Task instructions: Every word of the data below has to be copied faithfully.

Records to use:
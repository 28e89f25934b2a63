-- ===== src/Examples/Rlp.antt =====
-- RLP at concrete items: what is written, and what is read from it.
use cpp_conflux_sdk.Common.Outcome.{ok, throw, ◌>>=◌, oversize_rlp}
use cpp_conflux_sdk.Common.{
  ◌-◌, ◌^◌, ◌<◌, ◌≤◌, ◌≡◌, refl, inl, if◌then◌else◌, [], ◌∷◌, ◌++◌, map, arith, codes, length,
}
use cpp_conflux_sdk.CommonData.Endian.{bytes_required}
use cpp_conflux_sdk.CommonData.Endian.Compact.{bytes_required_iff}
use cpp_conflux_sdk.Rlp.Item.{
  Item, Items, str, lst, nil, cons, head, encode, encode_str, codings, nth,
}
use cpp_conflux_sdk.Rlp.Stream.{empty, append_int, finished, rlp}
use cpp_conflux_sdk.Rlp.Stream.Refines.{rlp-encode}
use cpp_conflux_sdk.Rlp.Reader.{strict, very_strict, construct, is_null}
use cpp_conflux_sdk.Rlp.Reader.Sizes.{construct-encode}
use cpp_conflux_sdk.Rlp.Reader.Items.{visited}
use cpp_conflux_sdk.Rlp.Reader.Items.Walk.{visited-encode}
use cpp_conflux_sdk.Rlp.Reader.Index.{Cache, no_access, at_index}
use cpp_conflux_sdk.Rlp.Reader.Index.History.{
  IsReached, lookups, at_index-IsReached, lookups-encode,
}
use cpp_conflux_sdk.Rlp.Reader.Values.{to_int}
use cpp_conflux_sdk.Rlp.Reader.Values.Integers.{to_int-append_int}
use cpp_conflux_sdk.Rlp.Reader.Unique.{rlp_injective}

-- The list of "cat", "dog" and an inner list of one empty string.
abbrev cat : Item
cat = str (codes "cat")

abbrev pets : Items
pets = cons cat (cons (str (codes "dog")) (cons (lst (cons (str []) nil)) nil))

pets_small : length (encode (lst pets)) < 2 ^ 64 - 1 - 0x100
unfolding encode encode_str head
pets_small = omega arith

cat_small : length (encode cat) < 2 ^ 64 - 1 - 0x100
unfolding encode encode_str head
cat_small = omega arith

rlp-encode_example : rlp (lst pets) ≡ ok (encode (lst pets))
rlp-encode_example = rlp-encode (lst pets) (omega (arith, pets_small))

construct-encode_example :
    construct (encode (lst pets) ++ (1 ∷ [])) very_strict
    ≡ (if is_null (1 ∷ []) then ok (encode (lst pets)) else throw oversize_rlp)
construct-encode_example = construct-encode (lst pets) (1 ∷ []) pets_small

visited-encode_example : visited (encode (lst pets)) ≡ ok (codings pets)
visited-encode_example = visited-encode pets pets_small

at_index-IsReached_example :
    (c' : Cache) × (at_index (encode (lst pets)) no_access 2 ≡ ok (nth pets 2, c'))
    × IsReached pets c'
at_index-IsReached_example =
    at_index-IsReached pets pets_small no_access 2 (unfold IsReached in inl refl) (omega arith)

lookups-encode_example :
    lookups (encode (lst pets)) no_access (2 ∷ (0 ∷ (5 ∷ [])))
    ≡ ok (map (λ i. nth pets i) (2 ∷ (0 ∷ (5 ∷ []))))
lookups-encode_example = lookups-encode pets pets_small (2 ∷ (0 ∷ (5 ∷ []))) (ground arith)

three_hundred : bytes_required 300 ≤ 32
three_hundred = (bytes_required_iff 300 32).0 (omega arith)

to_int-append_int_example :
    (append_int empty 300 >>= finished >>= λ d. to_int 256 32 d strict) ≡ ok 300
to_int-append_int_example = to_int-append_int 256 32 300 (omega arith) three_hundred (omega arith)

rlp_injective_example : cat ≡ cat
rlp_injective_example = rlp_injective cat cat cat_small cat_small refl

Solution to the problem:
repository 28e89f25934b2a63
-- ===== src/Examples/Rlp.antt =====
-- RLP at concrete items: what is written, and what is read from it.
use cpp_conflux_sdk.Common.Outcome.{ok, throw, ◌>>=◌, oversize_rlp}
use cpp_conflux_sdk.Common.{
  ◌-◌, ◌^◌, ◌<◌, ◌≤◌, ◌≡◌, refl, inl, if◌then◌else◌, [], ◌∷◌, ◌++◌, map, arith, codes, length,
}
use cpp_conflux_sdk.CommonData.Endian.{bytes_required}
use cpp_conflux_sdk.CommonData.Endian.Compact.{bytes_required_iff}
use cpp_conflux_sdk.Rlp.Item.{
  Item, Items, str, lst, nil, cons, head, encode, encode_str, codings, nth,
}
use cpp_conflux_sdk.Rlp.Stream.{empty, append_int, finished, rlp}
use cpp_conflux_sdk.Rlp.Stream.Refines.{rlp-encode}
use cpp_conflux_sdk.Rlp.Reader.{strict, very_strict, construct, is_null}
use cpp_conflux_sdk.Rlp.Reader.Sizes.{construct-encode}
use cpp_conflux_sdk.Rlp.Reader.Items.{visited}
use cpp_conflux_sdk.Rlp.Reader.Items.Walk.{visited-encode}
use cpp_conflux_sdk.Rlp.Reader.Index.{Cache, no_access, at_index}
use cpp_conflux_sdk.Rlp.Reader.Index.History.{
  IsReached, lookups, at_index-IsReached, lookups-encode,
}
use cpp_conflux_sdk.Rlp.Reader.Values.{to_int}
use cpp_conflux_sdk.Rlp.Reader.Values.Integers.{to_int-append_int}
use cpp_conflux_sdk.Rlp.Reader.Unique.{rlp_injective}

-- The list of "cat", "dog" and an inner list of one empty string.
abbrev cat : Item
cat = str (codes "cat")

abbrev pets : Items
pets = cons cat (cons (str (codes "dog")) (cons (lst (cons (str []) nil)) nil))

pets_small : length (encode (lst pets)) < 2 ^ 64 - 1 - 0x100
unfolding encode encode_str head
pets_small = omega arith

cat_small : length (encode cat) < 2 ^ 64 - 1 - 0x100
unfolding encode encode_str head
cat_small = omega arith

rlp-encode_example : rlp (lst pets) ≡ ok (encode (lst pets))
rlp-encode_example = rlp-encode (lst pets) (omega (arith, pets_small))

construct-encode_example :
    construct (encode (lst pets) ++ (1 ∷ [])) very_strict
    ≡ (if is_null (1 ∷ []) then ok (encode (lst pets)) else throw oversize_rlp)
construct-encode_example = construct-encode (lst pets) (1 ∷ []) pets_small

visited-encode_example : visited (encode (lst pets)) ≡ ok (codings pets)
visited-encode_example = visited-encode pets pets_small

at_index-IsReached_example :
    (c' : Cache) × (at_index (encode (lst pets)) no_access 2 ≡ ok (nth pets 2, c'))
    × IsReached pets c'
at_index-IsReached_example =
    at_index-IsReached pets pets_small no_access 2 (unfold IsReached in inl refl) (omega arith)

lookups-encode_example :
    lookups (encode (lst pets)) no_access (2 ∷ (0 ∷ (5 ∷ [])))
    ≡ ok (map (λ i. nth pets i) (2 ∷ (0 ∷ (5 ∷ []))))
lookups-encode_example = lookups-encode pets pets_small (2 ∷ (0 ∷ (5 ∷ []))) (ground arith)

three_hundred : bytes_required 300 ≤ 32
three_hundred = (bytes_required_iff 300 32).0 (omega arith)

to_int-append_int_example :
    (append_int empty 300 >>= finished >>= λ d. to_int 256 32 d strict) ≡ ok 300
to_int-append_int_example = to_int-append_int 256 32 300 (omega arith) three_hundred (omega arith)

rlp_injective_example : cat ≡ cat
rlp_injective_example = rlp_injective cat cat cat_small cat_small refl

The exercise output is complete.